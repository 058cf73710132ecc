-- ===== src/Alerts/Kinds.antt =====
-- The kinds of the checks of internal/alerts/alerts.go, and when no two checks share one.
use monitoring.Base.{
  Float64, decimal, decimal-injective, All, All-append, Apart, All-map, All-every, All-imp,
  Apart-append, Text, bytes, ℕ, ◌≡◌, ◌≢◌, List, [], ◌∷◌, ◌++◌, map, arith,
}
use monitoring.Alerts.Engine.{
  DiskAlert, UrlAlert, AllMetrics, Engine, threshold_of, Check, disk_kind, url_kind, disk_check,
  url_check, checks,
}

abbrev pub kind : Check → Text
kind c = c.kind

cons-append-injective : (p s t : Text) → p ++ s ≡ p ++ t → s ≡ t
cons-append-injective [] s t e = e
cons-append-injective (c ∷ p) s t e = cons-append-injective p s t (cc)

pub url_kind-injective : (i j : ℕ) → url_kind i ≡ url_kind j → i ≡ j
url_kind-injective i j e =
    decimal-injective i j (cons-append-injective (bytes "url_down:") (decimal i) (decimal j) e)

pub disk_kind-injective : (s t : Text) → disk_kind s ≡ disk_kind t → s ≡ t
disk_kind-injective s t e = cons-append-injective (bytes "disk_pct:") s t e

-- The mount points and the ids that one run is given.
pub record HasKeys (m : AllMetrics) : Type 0 where
  pub mounts : Apart (λ (d : DiskAlert). d.mountpoint) m.disks
  pub ids : Apart (λ (u : UrlAlert). u.id) m.url_stats

disk_checks-Apart :
    (limit : Float64) (ds : List DiskAlert)
    → Apart (λ (d : DiskAlert). d.mountpoint) ds
    → Apart kind (map (disk_check limit) ds)
unfolding disk_check
disk_checks-Apart limit [] h = tt
disk_checks-Apart limit (d ∷ ds) h = (
  All-map _ (disk_check limit) ds
      (All-imp _ _ ds (λ x ne e. ne (disk_kind-injective d.mountpoint x.mountpoint e)) h.0),
  disk_checks-Apart limit ds h.1,
)

url_checks-Apart :
    (us : List UrlAlert) → Apart (λ (u : UrlAlert). u.id) us → Apart kind (map url_check us)
unfolding url_check
url_checks-Apart [] h = tt
url_checks-Apart (u ∷ us) h = (
  All-map _ url_check us (All-imp _ _ us (λ x ne e. ne (url_kind-injective u.id x.id e)) h.0),
  url_checks-Apart us h.1,
)

-- What the disks and the URLs are checked for, behind the gauges.
abbrev others : Engine → AllMetrics → List Check
others e m =
    map (disk_check (threshold_of e.thresholds (bytes "disk_pct"))) m.disks
    ++ map url_check m.url_stats

-- A kind that no disk and no URL can have.
apart_from_others :
    (k : Text) (e : Engine) (m : AllMetrics)
    → ((s : Text) → k ≢ disk_kind s)
    → ((i : ℕ) → k ≢ url_kind i)
    → All (λ c. k ≢ kind c) (others e m)
unfolding disk_check url_check
apart_from_others k e m nd nu =
    All-append _ (map (disk_check _) m.disks) (map url_check m.url_stats)
      (All-map _ _ m.disks (All-every _ m.disks (λ d. nd d.mountpoint)))
      (All-map _ _ m.url_stats (All-every _ m.url_stats (λ u. nu u.id)))

-- The three gauges come first; a disk's kind begins with `d` and a URL's with `u`.
pub checks-Apart : (e : Engine) (m : AllMetrics) → HasKeys m → Apart kind (checks e m)
unfolding checks disk_check url_check
checks-Apart e m keys =
    let gauge : (k : Text)
        → ((s : Text) → k ≢ disk_kind s)
        → ((i : ℕ) → k ≢ url_kind i)
        → All (λ c. k ≢ kind c) (others e m) =
      λ k nd nu. apart_from_others k e m nd nu in
    (
      (
        ground arith,
        (ground arith, gauge (bytes "cpu_pct") (λ s h. ground arith) (λ i h. ground arith)),
      ),
      (
        (ground arith, gauge (bytes "ram_pct") (λ s h. ground arith) (λ i h. ground arith)),
        (
          gauge (bytes "swap_pct") (λ s h. ground arith) (λ i h. ground arith),
          Apart-append kind (map (disk_check _) m.disks) (map url_check m.url_stats)
              (disk_checks-Apart _ m.disks keys.mounts) (url_checks-Apart m.url_stats keys.ids)
              (All-map _ _ m.disks (
                All-every _ m.disks
                  (λ d. All-map _ _ m.url_stats (All-every _ m.url_stats (λ u h. ground arith))))),
        ),
      ),
    )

> **WHAT IS EXPECTED**: Scan the entries above for the string "mounts", and copy every line where it turns up.

> **YOUR SOLUTION**:
  pub mounts : Apart (λ (d : DiskAlert). d.mountpoint) m.disks
              (disk_checks-Apart _ m.disks keys.mounts) (url_checks-Apart m.url_stats keys.ids)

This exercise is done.